KELLY OLIVER – This Land (Folkstock FSR 14 004)

Kelly OliverReturning from Brazil determined to pursue her ambition of becoming a professional musician, Stevenage-based Oliver has had a busy and fruitful year. Since playing her first folk club gig in June 2013, she’s opened for such acts as The Urban Folk Quartet, Gilmore & Roberts and Dave Swarbrick, played numerous festivals, Cambridge included, released an EP and won a Help Musicians UK Emerging Excellence Award. Now comes her debut album, a simple, uncluttered affair predominantly constructed around her guitar playing and occasional harmonica that bears witness to her traditional influences (she’s been often likened to Annie Briggs) as well as her songwriting prowess on a largely self-penned set, drawn, the blurb says, from her Irish grandparents and “a dose of indignation”.

It’s one of her own that gets the ball rolling with ‘The Witch of Walkern’, an acoustic strummed number that mine the folk tradition of tales about women falsely condemned for witchcraft, though here, as in the titular case of Jane Wenham, a Hertfordshire woman whose 1712 ordeal is claimed to have been the last witch trial in the UK , the accused secures her pardon.

The perversion of justice is also at the heart of the bluesy, harmonica blowing ‘Mr Officer’, a song about witnessing a murder built around a repeated line, as she declares “that boy you have taken in is not the guilty man you seek” while righteous anger burns through ‘Off To The Market’, a familiarly traditional styled tune that addresses the cruel trade in human organs, guns, animal hides and horns, and girls abducted to be sold into prostitution.

She spins engaging stories, though most are haunted by dark shadows; the light, shimmering melody of ‘Grandpa Was A Stoker’, on which Swarbrick contributes fiddle, conceals a lyric about the hardship of life in a ship’s engine room that drove men mad, ‘Playing With Sand’, on which she harmonises with herself, talks of a prejudiced education system that assumed Irish immigrants to be ignorant and in ‘Diamond Girl’, a lovely rippling, descending chords ballad on which Luke Jackson provides harmonies, although the girl could do no wrong in her devoted lover’s eyes, she proves less forgiving of his mistakes. An a capella version is also hidden away at the end of the album.

There are, however, some patches of light. Although in the steady strummed ‘Dear Daughter’, the father refuses to let his daughter follow her lover to America, he does so because he won’t let her waste her life on a banished ne’er do who “shamed the girls and .. stole from all around’ and ‘only wants a wife to keep him from the cells’” And, while the gentle ‘A Gush Of Wind’ documents, rather like some Victorian ballad, how a milling family falls on hard times with the baby dying, being made homeless and the father accused of theft, they retain faith in prayer to deliver then which, in the ambiguous final line, seems to have been finally answered.

The remaining two numbers are non-originals, the first a crystal pure reading of the traditional ballad ‘Mary And The Soldier’ and the second, on which Sunjay Brayne provides guitar accompaniment, a heart-aching stripped down version of Dougie Maclean’s much-covered ‘Caledonia’ that makes me recant my desire never to hear it again.

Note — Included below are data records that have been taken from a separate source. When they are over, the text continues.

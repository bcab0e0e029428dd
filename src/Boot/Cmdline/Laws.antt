-- ===== src/Boot/Cmdline/Laws.antt =====
-- The words of a command line of kernel/src/boot/cmdline.c and the value of a key.
use goofyos.Base.{
  ℕ, zero, suc, ◌+◌, ◌≡◌, ◌≢◌, ◌<◌, refl, sym, ◌∙◌, ap, true, false, List, [], ◌∷◌, ◌++◌, some, leb,
  ◌==◌, length, All, arith, Bool-cases, inl, inr, length-append, ==→eq, ==_self,
}
use goofyos.Boot.Cmdline.{
  max_cmdline_command, and_then, build_from, build_args, make_key, make_val, same_start, behind_key,
  find_cmdline,
}

-- The words with one space between them.
unfoldable pub joined : List ℕ → List (List ℕ) → List ℕ
joined word [] = word
joined word (next ∷ words) = word ++ b' ' ∷ joined next words

-- A word has no space in it and fits the buffer.
abbrev pub IsWord : List ℕ → Type 0
IsWord word = All (λ c. (c == b' ') ≡ false) word × (length word < max_cmdline_command)

fits : (n : ℕ) → n < max_cmdline_command → leb max_cmdline_command n ≡ false
fits n h = ground arith

append-nil : (xs : List ℕ) → xs ++ [] ≡ xs
append-nil [] = refl
append-nil (x ∷ xs) = ap (λ t. x ∷ t) (append-nil xs)

append_letter : (xs : List ℕ) (c : ℕ) (ys : List ℕ) → (xs ++ c ∷ []) ++ ys ≡ xs ++ c ∷ ys
append_letter [] c ys = refl
append_letter (x ∷ xs) c ys = ap (λ t. x ∷ t) (append_letter xs c ys)

-- The letters of a word go behind those that are in the buffer.
build_word :
    (front word rest : List ℕ)
    → All (λ c. (c == b' ') ≡ false) word
    → length front + length word < max_cmdline_command
    → build_from front (word ++ rest) ≡ build_from (front ++ word) rest
unfolding build_from
build_word front [] rest w h = ap (λ d. build_from d rest) (sym (append-nil front))
build_word front (c ∷ word) rest w h =
    rw (fits (length front) (omega arith), w.0)
      (build_word (front ++ c ∷ []) word rest w.1 (omega (arith, length-append front (c ∷ [])))
        ∙ ap (λ d. build_from d rest) (append_letter front c word))

build_end :
    (word : List ℕ) → length word < max_cmdline_command → build_from word [] ≡ some (word ∷ [])
unfolding build_from
build_end word h = rw (fits (length word) h) refl

build_space :
    (word cmd : List ℕ)
    → length word < max_cmdline_command
    → build_from word (b' ' ∷ cmd) ≡ and_then word (build_from [] cmd)
unfolding build_from
build_space word cmd h = rw (fits (length word) h) refl

build_from-joined :
    (word : List ℕ) (words : List (List ℕ))
    → IsWord word
    → All IsWord words
    → build_from [] (joined word words) ≡ some (word ∷ words)
unfolding joined
build_from-joined word [] w ws =
    ap (build_from []) (sym (append-nil word))
    ∙ build_word [] word [] w.0 (omega (arith, w.1))
    ∙ build_end word w.1
build_from-joined word (next ∷ words) w ws =
    build_word [] word (b' ' ∷ joined next words) w.0 (omega (arith, w.1))
    ∙ build_space word (joined next words) w.1
    ∙ ap (and_then word) (build_from-joined next words ws.0 ws.1)

-- build_args splits words that are joined by single spaces into these words, empty ones included,
-- if each of them is shorter than the buffer.
pub build_args-joined :
    (word : List ℕ) (words : List (List ℕ))
    → IsWord word
    → All IsWord words
    → build_args (joined word words) ≡ some (word ∷ words)
unfolding build_args
build_args-joined word words w ws = build_from-joined word words w ws

make_key-append :
    (key val : List ℕ) → All (λ c. (c == b'=') ≡ false) key → make_key (key ++ b'=' ∷ val) ≡ key
unfolding make_key
make_key-append [] val k = refl
make_key-append (c ∷ key) val k = rw (k.0, make_key-append key val k.1) refl

behind_key-append : (key rest : List ℕ) → behind_key (length key) (key ++ rest) ≡ rest
behind_key-append [] rest = refl
behind_key-append (c ∷ key) rest = behind_key-append key rest

make_val_lem : (val : List ℕ) → make_val (b'=' ∷ val) ≡ val
unfolding make_val
make_val_lem val = refl

same_start_self : (n : ℕ) (key : List ℕ) → same_start n key key ≡ true
unfolding same_start
same_start_self zero key = refl
same_start_self (suc n) [] = refl
same_start_self (suc n) (c ∷ key) = rw (==_self c) (same_start_self n key)

same_start_sound :
    (n : ℕ) (key query : List ℕ) → length key < n → same_start n key query ≡ true → key ≡ query
unfolding same_start
same_start_sound zero key query h e = absurd (omega arith)
same_start_sound (suc n) [] [] h e = refl
same_start_sound (suc n) [] (d ∷ query) h e = absurd (ground arith)
same_start_sound (suc n) (c ∷ key) [] h e = absurd (ground arith)
same_start_sound (suc n) (c ∷ key) (d ∷ query) h e = elim (Bool-cases (c == d)) [
  | inl same ↦
      let tails = same_start_sound n key query (omega arith) (rw same at e) in
      let heads = ==→eq c d same in rw (heads, tails) refl
  | inr other ↦ absurd (ground (arith, rw other at e))
]

-- An argument whose key is another one.
abbrev pub IsOther : List ℕ → List ℕ → Type 0
IsOther query arg = (make_key arg ≢ query) × (length (make_key arg) < max_cmdline_command)

other_start :
    (query arg : List ℕ)
    → IsOther query arg
    → same_start max_cmdline_command (make_key arg) query ≡ false
other_start query arg o = elim (Bool-cases (same_start max_cmdline_command (make_key arg) query)) [
  | inl e ↦ absurd (o.0 (same_start_sound max_cmdline_command (make_key arg) query o.1 e))
  | inr f ↦ f
]

-- find_cmdline finds the value of the first argument that has the key it is asked for: what stands
-- behind that argument's first `=`, if the keys in front are others and fit the buffer.
pub find_cmdline_lem :
    (query val : List ℕ) (args rest : List (List ℕ))
    → All (λ c. (c == b'=') ≡ false) query
    → All (IsOther query) args
    → find_cmdline query (args ++ (query ++ b'=' ∷ val) ∷ rest) ≡ some val
unfolding find_cmdline
find_cmdline_lem query val [] rest k o =
    rw
      (
        make_key-append query val k,
        same_start_self max_cmdline_command query,
        behind_key-append query (b'=' ∷ val),
        make_val_lem val,
      )
      refl
find_cmdline_lem query val (arg ∷ args) rest k o =
    rw (other_start query arg o.0) (find_cmdline_lem query val args rest k o.1)
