-- ===== src/Drivers.antt =====
-- Device drivers: kernel/src/drivers.
pub mod Console
pub mod Glyph
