-- ===== src/Drivers/Console.antt =====
-- The text console of kernel/src/drivers/fbconsole.c: the cell buffer, the queue of glyphs to draw
-- and the cursor. Drawing is the list of the items that put_glyph is called with.
pub mod Bounds
pub mod Redraw
use Prim.Native.Nat.{bit_and}
use goofyos.Base.{
  ℕ, zero, suc, ◌+◌, ◌-◌, ◌*◌, ◌/◌, ◌%◌, ◌^◌, Bool, true, false, ◌&&◌, ◌||◌, List, [], ◌∷◌, ◌++◌,
  ◌==◌, ltb, leb, if◌then◌else◌, length,
}

-- `struct fbconsole_queue_item`
pub record Item : Type 0 where
  pub x : ℕ
  pub y : ℕ
  pub c : ℕ
  pub col : ℕ

-- `term_buffer` by index; `queue` holds the first `queue_items` entries; `drawn` is what has been
-- passed to put_glyph, the latest last.
pub record Console : Type 0 where
  pub cursor_x : ℕ
  pub cursor_y : ℕ
  pub width_char : ℕ
  pub height_char : ℕ
  pub color : ℕ
  pub term_buffer : ℕ → ℕ
  pub queue : List Item
  pub drawn : List Item

unfoldable pub console_flush : Console → Console
console_flush s = record s { queue = []; drawn = s.drawn ++ s.queue }

abbrev pub to_ℕ : Bool → ℕ
to_ℕ true = 1
to_ℕ false = 0

abbrev pub cell : Console → Item → ℕ
cell s i = i.y * s.width_char + i.x

-- `*target & 0xff == c && *target >> 8 == col`, where `==` binds tighter than `&`.
unfoldable pub is_drawn : ℕ → Item → Bool
is_drawn target i =
    (if bit_and target (to_ℕ (0xff == i.c)) == 0 then false else true) && (target / 2 ^ 8 == i.col)

-- `c | (col << 8)` is a sum for bytes.
-- The queue is flushed when it is full.
unfoldable pub make_room : Console → Console
make_room s = if leb (s.width_char * s.height_char) (length s.queue) then console_flush s else s

-- `c | (col << 8)` is a sum for bytes.
unfoldable pub enqueue : Item → Console → Console
enqueue i s = record s {
  term_buffer = λ a. if cell s i == a then i.c + i.col * 2 ^ 8 else s.term_buffer a;
  queue = s.queue ++ i ∷ [];
}

unfoldable pub queue_push : Item → Console → Console
queue_push i s = if is_drawn (s.term_buffer (cell s i)) i then s else enqueue i (make_room s)

-- The inner loop of scroll over the columns from `j` on, with `left` rounds left.
unfoldable pub scroll_row : ℕ → ℕ → ℕ → Console → Console
scroll_row zero i j s = s
scroll_row (suc left) i j s =
    let tar : ℕ = s.term_buffer (i * s.width_char + j) in
    scroll_row left i (j + 1)
      (queue_push (record { c = tar % 2 ^ 8; col = tar / 2 ^ 8; x = j; y = i - 1 }) s)

-- The outer loop over the rows from `i` on.
unfoldable pub scroll_rows : ℕ → ℕ → Console → Console
scroll_rows zero i s = s
scroll_rows (suc left) i s = scroll_rows left (i + 1) (scroll_row s.width_char i 0 s)

unfoldable pub clear_row : ℕ → ℕ → Console → Console
clear_row zero j s = s
clear_row (suc left) j s =
    clear_row left (j + 1)
      (queue_push (record { c = b' '; col = s.color; x = j; y = s.height_char - 1 }) s)

unfoldable pub scroll : Console → Console
scroll s =
    let t : Console = scroll_rows (s.height_char - 1) 1 s in
    record (clear_row s.width_char 0 t) { cursor_x = 0 }

unfoldable pub console_carriage_return : Console → Console
console_carriage_return s =
    if leb s.height_char (s.cursor_y + 1)
    then scroll s
    else record s { cursor_x = 0; cursor_y = s.cursor_y + 1 }

unfoldable pub console_write_glyph : ℕ → Console → Console
console_write_glyph c s =
    queue_push (record { c = c; x = s.cursor_x; y = s.cursor_y; col = s.color }) s

-- `fbcon.cursor_x++`
unfoldable pub step_right : Console → Console
step_right s = record s { cursor_x = s.cursor_x + 1 }

-- The second test of the loop of console_write.
unfoldable pub wrap_line : ℕ → Console → Console
wrap_line cur s =
    if leb s.width_char s.cursor_x || (cur == 0x0a) then console_carriage_return s else s

-- The body of the loop of console_write for the byte `cur`.
unfoldable pub write_byte : ℕ → Console → Console
write_byte cur s =
    wrap_line cur
      (if leb 0x20 cur && ltb cur 0x80 then step_right (console_write_glyph cur s) else s)

-- The loop over the bytes of the string.
unfoldable pub write_bytes : List ℕ → Console → Console
write_bytes [] s = s
write_bytes (c ∷ str) s = write_bytes str (write_byte c s)

unfoldable pub console_write : List ℕ → Console → Console
console_write str s = console_flush (write_bytes str s)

With a full tour almost completed and featuring on November’s anti-war charities fundraiser cover of Pete Seeger’s ‘Where Have All The Flowers Gone’ by folk supergroup Armistice Pals, alongside such leading folk names as Judy Dyble, While & Matthews, Reg Meuross, Dave Swarbrick, Christine Collister, Johnny Coppin, Merry Hell and Edwina Hayes, it’s been a remarkable year for Oliver. On the evidence so far, that’s just the tip of what promises to be a very big iceberg.